印度的部派佛学势力足以和大乘佛学抗衡的,开始是说一切有部,后来便属于正量部。正量部从龙树时代起逐渐抬头,直到玄奘义净去印度的时候还是很盛。奘净说到当时小乘佛学四大部,都以正量和上座等并举(见《大唐西域记》卷十一、《南海寄归传》卷一,实际上晚期大乘佛学里常常涉及的小乘部派也正是正量部。因此,我们要彻底明了大乘学说就得对这一部有相当的认识。可惜的是旧籍零落,难得其详,现在只能简单地叙述一些要点,以供研究参考。

先谈源流。正量部梵名三弥底耶(Sammitiya)原系创派的人名,所以从前也译作“正量弟子部”。另外,旧译和西藏译作“一切所贵部”,这是部名原文转作娑摩底耶(Sammatiya)的缘故。这一部乃从犊子部分裂出来,各家传说差不多一致。至于分裂的原因,据《异部宗轮论》说,是为了解释“已解脱更堕”云云的一个颂,各家的意见不同,犊子部一时分成四派,正量便是其中之一。又据真谛所传,犊子部原来推崇《舍利弗阿毗昙》,后来各家感觉毗昙所说还不完备,便各自造释补充,如是意见纷歧,因而分派。照此一说,那有问题的颂文应该和《舍利弗阿毗昙》有关,但在汉文译本里还找不出来。并且颂文简略,意义也不易明了。窥基的《异部宗轮论述记》采取旧说,举出四家不同的解释,大体上是谈阿罗汉退堕不退堕的问题。我们另从南方所传叙述部执的《论事》一书看,犊子部本宗和正量部都主张阿罗汉有退(见《论事》第一品第二章),而这一主张在各部派的异执里还占很重要的地位,所以《论事》特别将它列为二百一十六种异执的第二种。对于退堕的解释不同,当然可以成为分派的原因。不过四部中正量和犊子本宗关系比较密切,正量所有的新主张最初都被看作犊子变化之说,并不用正量的名义出场。因此在《大毗婆沙论》编纂的时代(公元二世纪),犊子部的主张祇有和一切有部不同的六、七条(见《大毗婆沙论》卷二),到了龙树著作《中论》时(公元三世纪)便说犊子更有“生生”等十四种俱生法和“不失法”之说(见《中论》的《观三相品》、《观业品》),这些都是正量部分出以后的新说仍旧归之于犊子名下的。正量部的名目到安慧、清辨时代(公元六世纪)才十分显著。所以有这一变化,大概是正量部关于业一方面的理论得到发展的缘故。此后势力日盛,像玄奘在《大唐西域记》所载,当时(公元七世纪)印度除了北印以外,都有正量部的传播,明文列举了十九国,僧徒合计六万多人。摩腊婆国是西印度佛学的中心地,而正量部僧众就有两万人,可见它在各部派中如何的占有势力。因此,像《慈恩法师传》卷四所说,当时南印度老婆罗门般若毱多(智护)发挥正量部的说法,作了《破大乘论》七百颂,不但为各派小乘师所一致推崇,而且使那烂陀寺答应戒日王的请求去参加辩论的各位印度大德都丧失了自信,这也可说明正量部的议论在当时发生如何的影响。其后虽然经过玄奘《制恶见论》的破斥,又有过曲女城无遮大会的扩大宣传,但它的势力依然存在,三十年后义净到印度之时,还相当盛行,一直维持到波罗王朝的时代(公元八世纪以后)。
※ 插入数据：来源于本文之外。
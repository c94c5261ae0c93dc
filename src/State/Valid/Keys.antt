-- ===== src/State/Valid/Keys.antt =====
-- internal/state/store.go: the statements keep the primary keys of `copied`, `meta` and `folders`.
use mathlib.Core.Path.{subst}
use umleitung.Base.{
  ℕ, ◌≡◌, refl, true, false, List, [], ◌∷◌, ◌++◌, Bool-cases, inl, inr, if◌then◌else◌, arith,
}
use umleitung.Base.Text.{Text, ◌==◌, eq_iff}
use umleitung.State.Tables.{Db, KeyRecord, FolderRow, has_row, insert_copied, put_meta, put_folder}
use umleitung.State.Valid.{has_meta, has_folder, CopiedOnce, MetaOnce, FoldersOnce, IsValid}

-- `copied`

has_row-append :
    (k : Text) (rows : List KeyRecord) (r : KeyRecord)
    → has_row k (rows ++ r ∷ []) ≡ (if has_row k rows then true else r.key == k)
unfolding has_row
has_row-append k [] r = ground arith
has_row-append k (x ∷ rows) r = ground (arith, has_row-append k rows r)

CopiedOnce-append :
    (rows : List KeyRecord) (r : KeyRecord)
    → has_row r.key rows ≡ false
    → CopiedOnce rows
    → CopiedOnce (rows ++ r ∷ [])
unfolding has_row
CopiedOnce-append [] r n h = (refl, tt)
CopiedOnce-append (x ∷ rows) r n h = (
  ground (arith, h.0, n, has_row-append x.key rows r, eq_iff r.key x.key, eq_iff x.key r.key),
  CopiedOnce-append rows r (ground (arith, n)) h.1,
)

pub insert_copied-IsValid : (r : KeyRecord) (db : Db) → IsValid db → IsValid (insert_copied r db)
unfolding insert_copied
insert_copied-IsValid r db v = elim (Bool-cases (has_row r.key db.copied)) [
  | inl e ↦ rw e v
  | inr e ↦ rw e (record {
    copied = CopiedOnce-append db.copied r e v.copied;
    meta = v.meta;
    members = v.members;
    folders = v.folders;
    pending = v.pending;
  })
]

-- `meta`

has_meta-put_meta :
    (k v j : Text) (rows : List (Text × Text))
    → has_meta j (put_meta k v rows) ≡ (if k == j then true else has_meta j rows)
unfolding put_meta
has_meta-put_meta k v j [] = refl
has_meta-put_meta k v j ((i, w) ∷ rows) =
    ground (arith, eq_iff i k, eq_iff i j, eq_iff k j, has_meta-put_meta k v j rows)

pub put_meta-MetaOnce :
    (k v : Text) (rows : List (Text × Text)) → MetaOnce rows → MetaOnce (put_meta k v rows)
unfolding put_meta
put_meta-MetaOnce k v [] h = (refl, tt)
put_meta-MetaOnce k v ((i, w) ∷ rows) h = elim (Bool-cases (i == k)) [
  | inl e ↦ rw e (subst (λ x. has_meta x rows ≡ false) ((eq_iff i k).0 e) h.0, h.1)
  | inr n ↦ rw n (
    ground (arith, h.0, n, has_meta-put_meta k v i rows, eq_iff k i, eq_iff i k),
    put_meta-MetaOnce k v rows h.1,
  )
]

-- `folders`

has_folder-put_folder :
    (n m : Text) (v u : ℕ) (rows : List FolderRow)
    → has_folder m (put_folder n v u rows) ≡ (if n == m then true else has_folder m rows)
unfolding put_folder
has_folder-put_folder n m v u [] = refl
has_folder-put_folder n m v u (r ∷ rows) =
    ground (arith, eq_iff r.name n, eq_iff r.name m, eq_iff n m, has_folder-put_folder n m v u rows)

pub put_folder-FoldersOnce :
    (n : Text) (v u : ℕ) (rows : List FolderRow)
    → FoldersOnce rows
    → FoldersOnce (put_folder n v u rows)
unfolding put_folder
put_folder-FoldersOnce n v u [] h = (refl, tt)
put_folder-FoldersOnce n v u (r ∷ rows) h = elim (Bool-cases (r.name == n)) [
  | inl e ↦ rw e h
  | inr m ↦ rw m (
    ground
        (arith, h.0, m, has_folder-put_folder n r.name v u rows, eq_iff n r.name, eq_iff r.name n),
    put_folder-FoldersOnce n v u rows h.1,
  )
]
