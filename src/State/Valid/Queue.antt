-- ===== src/State/Valid/Queue.antt =====
-- internal/state/store.go: the statements keep the order of the table `pending`.
use umleitung.Base.{
  ℕ, ◌+◌, ◌≤◌, ◌≡◌, refl, ap, ◌∙◌, true, List, [], ◌∷◌, ◌++◌, leb, ◌==◌ as nat_eq, Bool-cases, inl,
  inr, arith,
}
use umleitung.Base.Text.{Text, codes, ◌==◌}
use umleitung.State.Tables.{
  Db, PendingOp, MemberChangeItem, upsert_member, delete_member, insert_pending, remove_pending,
  delete_pending, insert_by_id, order_by_id,
}
use umleitung.State.Atomic.{change_row}
use umleitung.State.Valid.{Growing, IsValid}

Growing-lower :
    (a low high : ℕ) (ops : List PendingOp) → a ≤ low → Growing low ops high → Growing a ops high
Growing-lower a low high [] l h = omega arith
Growing-lower a low high (o ∷ ops) l h = (omega arith, h.1)

Growing-append :
    (low high : ℕ) (ops : List PendingOp) (o : PendingOp)
    → o.id ≡ high
    → Growing low ops high
    → Growing low (ops ++ o ∷ []) (high + 1)
Growing-append low high [] o e h = (omega arith, omega arith)
Growing-append low high (p ∷ ops) o e h = (h.0, Growing-append (p.id + 1) high ops o e h.1)

Growing-remove_pending :
    (low high i : ℕ) (ops : List PendingOp)
    → Growing low ops high
    → Growing low (remove_pending i ops) high
unfolding remove_pending
Growing-remove_pending low high i [] h = h
Growing-remove_pending low high i (o ∷ ops) h =
    let rest = Growing-remove_pending (o.id + 1) high i ops h.1 in
    elim (Bool-cases (nat_eq o.id i)) [
      | inl e ↦
          let l = h.0 in
          rw e (Growing-lower low (o.id + 1) high (remove_pending i ops) (omega arith) rest)
      | inr n ↦ rw n (h.0, rest)
    ]

insert_by_id-first :
    (o : PendingOp) (high : ℕ) (ops : List PendingOp)
    → Growing (o.id + 1) ops high
    → insert_by_id o ops ≡ o ∷ ops
unfolding insert_by_id
insert_by_id-first o high [] h = refl
insert_by_id-first o high (p ∷ ops) h =
    let l = h.0 in let e : leb o.id p.id ≡ true = ground (arith, l) in rw e refl

-- Ordered by its ids, the queue is as it was filled.
pub order_by_id-Growing :
    (low high : ℕ) (ops : List PendingOp) → Growing low ops high → order_by_id ops ≡ ops
unfolding order_by_id
order_by_id-Growing low high [] h = refl
order_by_id-Growing low high (o ∷ ops) h =
    ap (insert_by_id o) (order_by_id-Growing (o.id + 1) high ops h.1)
    ∙ insert_by_id-first o high ops h.1

pub delete_pending-IsValid : (i : ℕ) (db : Db) → IsValid db → IsValid (delete_pending i db)
unfolding delete_pending
delete_pending-IsValid i db v = record {
  copied = v.copied;
  meta = v.meta;
  members = v.members;
  folders = v.folders;
  pending = Growing-remove_pending 0 db.next_id i db.pending v.pending;
}

pub Growing-change_row :
    (f : Text) (it : MemberChangeItem) (db : Db)
    → Growing 0 db.pending db.next_id
    → Growing 0 (change_row f it db).pending (change_row f it db).next_id
unfolding change_row upsert_member delete_member insert_pending
Growing-change_row f it db h =
    let more =
      λ (o : PendingOp) (e : o.id ≡ db.next_id). Growing-append 0 db.next_id db.pending o e h in
    elim (Bool-cases it.add) [
      | inl a ↦ elim (Bool-cases (it.pending_kind == codes "")) [
        | inl q ↦ rw (a, q) h
        | inr q ↦ rw (a, q) (more _ refl)
      ]
      | inr a ↦ elim (Bool-cases (it.pending_kind == codes "")) [
        | inl q ↦ rw (a, q) h
        | inr q ↦ rw (a, q) (more _ refl)
      ]
    ]
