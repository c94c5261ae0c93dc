-- ===== src/State/Valid/Methods.antt =====
-- internal/state/store.go: every method that writes keeps the tables valid.
use mathlib.Core.Path.{subst}
use umleitung.Base.{
  ℕ, ◌≡◌, refl, sym, Bool, false, List, [], ◌∷◌, map, take, Bool-cases, inl, inr, arith,
}
use umleitung.Base.Text.{Text}
use umleitung.Base.Exec.{Result, ok, err}
use umleitung.Base.Keeps.{Keeps}
use umleitung.State.Tables.{
  Db, KeyRecord, MemberChangeItem, insert_copied, upsert_member, delete_member, insert_pending,
  delete_pending,
}
use umleitung.State.Store.{
  Conn, meta_set, record_keys, seed_batch, record_key, member_change_batch, delete_pending_row,
  delete_pending_batch, set_folder_state, exec_batch, exec, pending_ops,
}
use umleitung.State.Atomic.{
  apply_all, change_row, WholeOrNothing, exec_batch-WholeOrNothing,
  member_change_batch-WholeOrNothing,
}
use umleitung.State.Members.{Keyed-change_row, folders-change_row}
use umleitung.State.Valid.{CopiedOnce, MetaOnce, FoldersOnce, IsValid}
use umleitung.State.Valid.Keys.{insert_copied-IsValid, put_meta-MetaOnce, put_folder-FoldersOnce}
use umleitung.State.Valid.Queue.{delete_pending-IsValid, Growing-change_row, order_by_id-Growing}

change_row-IsValid :
    (f : Text) (it : MemberChangeItem) (db : Db) → IsValid db → IsValid (change_row f it db)
change_row-IsValid f it db v = record {
  copied = subst CopiedOnce (sym copied) v.copied;
  meta = subst MetaOnce (sym meta) v.meta;
  members = Keyed-change_row f it db v.members;
  folders = subst FoldersOnce (sym (folders-change_row f it db)) v.folders;
  pending = Growing-change_row f it db v.pending;
}
  where
    copied : (change_row f it db).copied ≡ db.copied
    copied = unfold change_row upsert_member delete_member insert_pending in ground arith

    meta : (change_row f it db).meta ≡ db.meta
    meta = unfold change_row upsert_member delete_member insert_pending in ground arith

apply_all-IsValid :
    {A : Type 0} (step : A → Db → Db)
    → ((a : A) (db : Db) → IsValid db → IsValid (step a db))
    → (xs : List A) (db : Db) → IsValid db
    → IsValid (apply_all (map step xs) db)
apply_all-IsValid step k [] db v = v
apply_all-IsValid step k (x ∷ xs) db v = apply_all-IsValid step k xs (step x db) (k x db v)

whole-IsValid :
    (f : Db → Db) (db : Db) (x : Result (Unit {0}) × Conn)
    → ((d : Db) → IsValid d → IsValid (f d))
    → WholeOrNothing f db x
    → IsValid db
    → IsValid x.1.db
whole-IsValid f db (ok u, c) k h v = subst IsValid (sym h) (k db v)
whole-IsValid f db (err e, c) k h v = subst IsValid (sym h.1) v

module _ (faults : ℕ → Bool) where
  abbrev pub ValidConn : Conn → Type 0
  ValidConn c = IsValid c.db

  exec-IsValid :
      (f : Db → Db) → ((d : Db) → IsValid d → IsValid (f d)) → Keeps ValidConn (exec faults f)
  exec-IsValid f k = record {
    at = λ c v. elim (Bool-cases (faults c.calls)) [ inl e ↦ rw e v | inr e ↦ rw e (k c.db v) ];
  }

  batch-IsValid :
      {A : Type 0} (step : A → Db → Db)
      → ((a : A) (db : Db) → IsValid db → IsValid (step a db))
      → (xs : List A) → Keeps ValidConn (exec_batch faults (map step xs))
  batch-IsValid step k xs = record {
    at = λ c v.
        whole-IsValid _ c.db _ (apply_all-IsValid step k xs)
          (exec_batch-WholeOrNothing faults (map step xs) c) v;
  }

  -- Whichever database calls fail, every method that writes keeps the tables valid: no key of
  -- `copied`, of `meta`, of `members` (a folder and a message) or of `folders` stands twice, and the
  -- ids of the queue grow in the order in which its operations were queued, below the next id.
  pub store-IsValid :
      ((rs : List KeyRecord) → Keeps ValidConn (record_keys faults rs))
      × ((ks : List Text) → Keeps ValidConn (seed_batch faults ks))
      × ((r : KeyRecord) → Keeps ValidConn (record_key faults r))
      × ((k v : Text) → Keeps ValidConn (meta_set faults k v))
      × ((f : Text) (items : List MemberChangeItem)
          → Keeps ValidConn (member_change_batch faults f items))
      × ((i : ℕ) → Keeps ValidConn (delete_pending_row faults i))
      × ((ids : List ℕ) → Keeps ValidConn (delete_pending_batch faults ids))
      × ((f : Text) (v u : ℕ) → Keeps ValidConn (set_folder_state faults f v u))
  unfolding record_keys seed_batch record_key meta_set delete_pending_row delete_pending_batch
      set_folder_state
  store-IsValid = (
    batch-IsValid insert_copied insert_copied-IsValid,
    batch-IsValid (λ k. insert_copied (record { key = k; uid = 0; copied_at = 0 }))
        (λ k. insert_copied-IsValid _),
    λ r. exec-IsValid (insert_copied r) (insert_copied-IsValid r),
    λ k v. exec-IsValid _ (λ d h. record {
      copied = h.copied;
      meta = put_meta-MetaOnce k v d.meta h.meta;
      members = h.members;
      folders = h.folders;
      pending = h.pending;
    }),
    λ f items. record {
      at = λ c h.
          whole-IsValid _ c.db _ (apply_all-IsValid (change_row f) (change_row-IsValid f) items)
            (member_change_batch-WholeOrNothing faults f items c) h;
    },
    λ i. exec-IsValid (delete_pending i) (delete_pending-IsValid i),
    batch-IsValid delete_pending delete_pending-IsValid,
    λ f v u. exec-IsValid _ (λ d h. record {
      copied = h.copied;
      meta = h.meta;
      members = h.members;
      folders = put_folder-FoldersOnce f v u d.folders h.folders;
      pending = h.pending;
    }),
  )

  -- On valid tables a page of the queue is its oldest operations, in the order in which they were
  -- queued, when the database answers.
  pub pending_ops-oldest :
      (limit : ℕ) (c : Conn)
      → IsValid c.db
      → faults c.calls ≡ false
      → (pending_ops faults limit c).0 ≡ ok (take limit c.db.pending)
  unfolding pending_ops
  pending_ops-oldest limit c v e =
      rw (e, order_by_id-Growing 0 c.db.next_id c.db.pending v.pending) refl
次谈典籍。正量部后来既成为一大宗,便和其余上座部等大宗一样,也具备着它独有的经律论三藏,这从《慈恩法师传》卷六说玄奘曾由印度带回正量部的经律论一十五部,可以证明。不过那些经律早已散失,详细内容现无可考。只有关于经藏即四阿含里面的重要义类,可以从和正量部渊源最近的贤胄派(犊子部分出的四派之一)著述《三法度论》(东晋译)见得一斑。另外律藏也有《明了论》(正量部律师所造,陈译)略摄大义。至于论藏,以《舍利弗阿毗昙》为根本,汉译有其书,但不完全。此外还有些解释毗昙的论著,现存的《三弥底部论》(失译,今勘应附梁陈录)就是一种。又《慈恩法师传》卷四说玄奘在北印度钵伐多国所学的《摄正法论》、《教实论》,也都是有关正量部的书。《摄政法论》或者即是宋译的《诸法集要经》,原系观无畏尊者从《正法念处经》所说集成颂文,阐明罪福业报,正是正量部的中心主张,而《正法念处经》唐人也认为是正量部所宗的。《教实论》也就是《圣教真实论》,瞿沙所造,没有译本,相传是发挥“有我”的道理,为犊子部根本典据。玄奘在钵底多国学习正量部的根本毗昙,同时兼学这一书,可见也是正量部所重视的。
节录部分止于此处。